Bearing excellent paintings, richly illuminated and gilded, the fine-bound manuscripts at Salar Jung Museum are real treasures

Salar Jung Museum contains some ‘valuable books of art’— illustrated manuscripts — of Persian and Deccani languages. Bearing excellent paintings, richly illuminated and gilded, fine-bound and owned once by royal personages the Museum’s manuscripts are real treasures.

Manuscript illustration was greatly prized by Mughal emperors, their nobles and Deccani Sultans. Akbar who had 100 artists - painters, illuminators, scribes, book binders - in his atelier had many manuscripts including Hamza Nama, Ramayana, Mahabharata illustrated. His principal noble at Ahmedabad, Khan Khanan, built up a world class library containing illustrated manuscripts. Ibrahim Quli Qutb Shah, who ruled Golconda from 1550 to 1580, had set up a studio in his palace for calligraphers, painters, gilders and book binders and had manuscripts of fine quality produced.

‘The art books’ of the royal workshops form a priceless heritage, “at times of regal splendour…. and always a joy to behold” (Karl Khandalavala).

Of Salar Jung Museum’s famous illustrated manuscripts, a description of four books is attempted here. They are: Tuhfe-e-Sami, Majalis-ul-ushshaq, Khamsa-e-nizami, and Diwan-e-sultan Muhammad Quli Qutb Shah.

1. Tuhfe-e-Sami: The author of this 229-folio Persian manuscripts is Prince Sam Mirza (1517-76), son of Shah Ismail, the founder of Safavid dynasty in Persia. Prince Sam Mirza dedicated Tuhfa containing biographies of poets, painters, calligrgaphers and other learned men to his brother Shah Tahmasp (1524-76), the ruler of Persia who, however, put ‘Sam’ to death in 1576 when he rebelled against him. The manuscript is gilded and highly ornamented. Done in Shirazi style of Persia the Thufa’s ten miniatures “are of excellent quality and very colourful with charming colour contrast’’ (Karl Khandalavala).

The manuscript scripted in fine Nastaliq bears a seal of the year of A.D. 1651 of one Mustafa Khan Lari, who was probably a Golconda noble.

2. Majalis-ul-ushshaq ( Assemblies of lovers): Purchased by Sir Salar Jung I (1829-83), ‘Majalis-ul-ushshaq’ is an account in Persian of the Sufi saints being in love with women and men. Sufi doctrines explain that to experience the beauty of the ‘unseen’ God the first step is the worldly love - love of women and men. The power and course of such love as experienced by some Sufi saints is depicted in majority of the 71 miniatures contained in the manuscript.
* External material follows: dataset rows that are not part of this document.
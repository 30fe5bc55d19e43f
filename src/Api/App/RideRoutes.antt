-- ===== src/Api/App/RideRoutes.antt =====
-- Which exceptions leave the routes of rides: app/services/ride_service.py and app/api/rides.py.
use realtime_ride_matching_e.Prelude.{
  ℕ, List, true, Option, none, some, String, Bool-cases, inl, inr,
}
use realtime_ride_matching_e.Config.{Env}
use realtime_ride_matching_e.Floats.{Float}
use realtime_ride_matching_e.Models.{Ride, RideStatus, ride_status_eq, requested}
use realtime_ride_matching_e.Observability.Events.{Event}
use realtime_ride_matching_e.Observability.Metrics.{error}
use realtime_ride_matching_e.Program.Commands.{
  Exn, Prog, Result, ok, err, no_available_driver, invalid_ride_state, ride_not_found,
  idempotency_key_conflict, integrity_error, database_error, locking_unavailable,
  redis_connection_error, raise, ret, call, lift, ◌>>◌, add_ride, uuid4, now,
}
use realtime_ride_matching_e.Program.Raises.{
  Raises, gives, throws, Fails, Raises-call, Raises-bind, Raises-ask, Raises-attempt, Raises-weaken,
  raises_rules,
}
use realtime_ride_matching_e.Repositories.Rides
use realtime_ride_matching_e.Matching.Matcher.{match_ride}
use realtime_ride_matching_e.RideService.{
  RideRequest, find_existing, recover, insert_and_commit, create_new, create_ride, free_driver,
  transition_or_raise, end_ride, cancel_ride, complete_ride,
}
use realtime_ride_matching_e.Api.Rides.{record_since, after_match, request_ride}
use realtime_ride_matching_e.Api.App.Kinds.{
  OfRide, OfCreation, OfMatching, OfRequest, AllowsDatabase, lifts, commits, transition-Raises,
  require_row-Raises, get_driver-Raises, get_ride-Raises, zone_surge-Raises,
}
use realtime_ride_matching_e.Api.App.Matching.{match_ride-Raises}

by_key-Raises : {E : Exn → Type 0} (key : String) → Raises E (Rides.get_by_idempotency_key key)
unfolding Rides.get_by_idempotency_key
by_key-Raises key = search raises_rules

creation_db : AllowsDatabase OfCreation
creation_db = (tt, tt)

conflict : {A : Type 0} → Raises OfCreation {A = A} (raise idempotency_key_conflict)
conflict = throws idempotency_key_conflict tt

refused : {A : Type 0} → Raises OfCreation {A = A} (raise integrity_error)
refused = throws integrity_error tt

find_existing-Raises :
    (env : Env) (req : RideRequest) (key : Option String)
    → Raises OfCreation (find_existing env req key)
unfolding find_existing
find_existing-Raises env req none = gives none
find_existing-Raises env req (some key) = search (raises_rules, by_key-Raises, conflict) depth 8

recover-Raises :
    (key : Option String) (r : Result Ride) → Fails OfCreation r → Raises OfCreation (recover key r)
unfolding recover
recover-Raises none (ok ride) h = gives (ride, true)
recover-Raises (some key) (ok ride) h = gives (ride, true)
recover-Raises none (err integrity_error) h = search (raises_rules, refused)
recover-Raises (some key) (err integrity_error) h =
    search (raises_rules, by_key-Raises, refused) depth 8
recover-Raises none (err e) h = throws e h
recover-Raises (some key) (err e) h = throws e h

create-Raises :
    (env : Env) (rider : ℕ) (lat lng : Float) (key : Option String) (z : Option ℕ)
    (surge : Option Float)
    → Raises OfCreation (Rides.create env rider lat lng key z surge)
unfolding Rides.create
create-Raises env rider lat lng key z surge = Raises-bind (call uuid4) _ (Raises-call uuid4) (λ id.
    Raises-bind (call now) _ (Raises-call now) (λ at.
      Raises-ask (add_ride _) _
        (λ r q. Raises-bind (lift r) _ (lifts creation_db r q) (λ u. gives _))))

insert_and_commit-Raises :
    (env : Env) (req : RideRequest) (zone : ℕ) (m : Float)
    → Raises OfCreation (insert_and_commit env req zone m)
unfolding insert_and_commit
insert_and_commit-Raises env req zone m =
    Raises-bind (Rides.create _ _ _ _ _ _ _) _ (create-Raises _ _ _ _ _ _ _)
      (λ ride. commits creation_db (ret ride) (gives ride))

create_new-Raises : (env : Env) (req : RideRequest) → Raises OfCreation (create_new env req)
unfolding create_new
create_new-Raises env req =
    search
      (
        raises_rules,
        zone_surge-Raises,
        require_row-Raises {E = OfCreation} creation_db,
        λ (zone : ℕ) (m : Float).
            Raises-attempt OfCreation (insert_and_commit env req zone m)
              (recover req.idempotency_key) (insert_and_commit-Raises env req zone m)
              (recover-Raises req.idempotency_key),
      )
      depth 12

create_ride-Raises : (env : Env) (req : RideRequest) → Raises OfCreation (create_ride env req)
unfolding create_ride
create_ride-Raises env req = search (raises_rules, find_existing-Raises, create_new-Raises) depth 8

ride_db : AllowsDatabase OfRide
ride_db = (tt, tt)

wrong_state :
    {A : Type 0} (c : Option RideStatus) → Raises OfRide {A = A} (raise (invalid_ride_state c))
wrong_state c = throws (invalid_ride_state c) tt

missing : {A : Type 0} → Raises OfRide {A = A} (raise ride_not_found)
missing = throws ride_not_found tt

ruleset parts = (raises_rules, get_driver-Raises, get_ride-Raises, wrong_state, missing)

transition_or_raise-Raises :
    (id : ℕ) (from : List RideStatus) (to : RideStatus)
    → Raises OfRide (transition_or_raise id from to)
unfolding transition_or_raise
transition_or_raise-Raises id from to =
    search
      (
        parts,
        transition-Raises {E = OfRide} ride_db,
        λ (o : Option Ride). require_row-Raises {E = OfRide} ride_db o,
      )
      depth 12

free_driver-Raises : (d : Option ℕ) → Raises OfRide (free_driver d)
unfolding free_driver
free_driver-Raises none = gives tt
free_driver-Raises (some d) = search parts depth 8

end_ride-Raises :
    (id : ℕ) (from : List RideStatus) (to : RideStatus) (event : Ride → Event)
    → Raises OfRide (end_ride id from to event)
unfolding end_ride
end_ride-Raises id from to event =
    search
      (
        parts,
        transition_or_raise-Raises,
        free_driver-Raises,
        λ (A : Type 0) (rest : Prog A). commits {E = OfRide} ride_db {A = A} rest,
        λ (o : Option Ride). require_row-Raises {E = OfRide} ride_db o,
      )
      depth 12

pub cancel_ride-Raises : (id : ℕ) → Raises OfRide (cancel_ride id)
unfolding cancel_ride
cancel_ride-Raises id = end_ride-Raises id _ _ _

pub complete_ride-Raises : (id : ℕ) → Raises OfRide (complete_ride id)
unfolding complete_ride
complete_ride-Raises id = end_ride-Raises id _ _ _

creation-OfRequest : (e : Exn) → OfCreation e → OfRequest e
creation-OfRequest idempotency_key_conflict h = tt
creation-OfRequest integrity_error h = tt
creation-OfRequest database_error h = tt
creation-OfRequest e h = absurd h

reraised :
    (start : ℕ) (e : Exn)
    → OfRequest e
    → Raises OfRequest {A = Ride} (record_since start error >> raise e)
reraised start e h =
    let last : Raises OfRequest {A = Ride} (raise e) = throws e h in
    search (raises_rules, last) depth 8

after_match-Raises :
    (ride : Ride) (start : ℕ) (r : Result Ride)
    → Fails OfMatching r
    → Raises OfRequest (after_match ride start r)
after_match-Raises ride start (ok a) h = search raises_rules depth 8
after_match-Raises ride start (err no_available_driver) h = search raises_rules depth 8
after_match-Raises ride start (err (invalid_ride_state c)) h =
    reraised start (invalid_ride_state c) tt
after_match-Raises ride start (err locking_unavailable) h = reraised start locking_unavailable tt
after_match-Raises ride start (err redis_connection_error) h =
    reraised start redis_connection_error tt
after_match-Raises ride start (err integrity_error) h = reraised start integrity_error tt
after_match-Raises ride start (err database_error) h = reraised start database_error tt
after_match-Raises ride start (err e) h = absurd h

-- A ride that is not requested any more is not matched again.
pub request_ride-Raises : (env : Env) (req : RideRequest) → Raises OfRequest (request_ride env req)
unfolding request_ride
request_ride-Raises env req =
    Raises-bind (create_ride env _) _
      (Raises-weaken OfCreation (create_ride env _) creation-OfRequest (create_ride-Raises env _))
      (λ ride. elim (Bool-cases (ride_status_eq ride.status requested)) [
        | inl e ↦ rw e (
            Raises-bind (call now) _ (Raises-call now) (λ start.
              Raises-attempt OfMatching (match_ride env ride) (after_match ride start)
                (match_ride-Raises env ride e) (after_match-Raises ride start)))
        | inr e ↦ rw e (gives ride)
      ])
The book has a lot of gold used in decorating its 237 folios, headings and borders. The painting style of its miniatures is of Shirazi school of Persia.

The author of this manuscript is Mansur bin Baiqara (1469-1506) who wrote it in 1552. The script is good Nastaliq and the scribe is Amir-al-katib.

3. Khamsa-e-nizami: The Khamsa (five-piece verse collection) of the poet Nizami, a Persian poet, is one of the most famous Persian works and there are numerous illustrated copies of it in Persian and Mughal schools of painting. The Mughal style Museum’s Khamsa was purchased in 1739 for the library of Nawab Munirddoulah Wakil-us-sultan (Prime Minister). It consists of five ‘mathnavis’ (long poems) dealing with the stories of Laila-Majnun, Khusrau-Shirin, King Behraum Gaur, Sikandar and Sufism.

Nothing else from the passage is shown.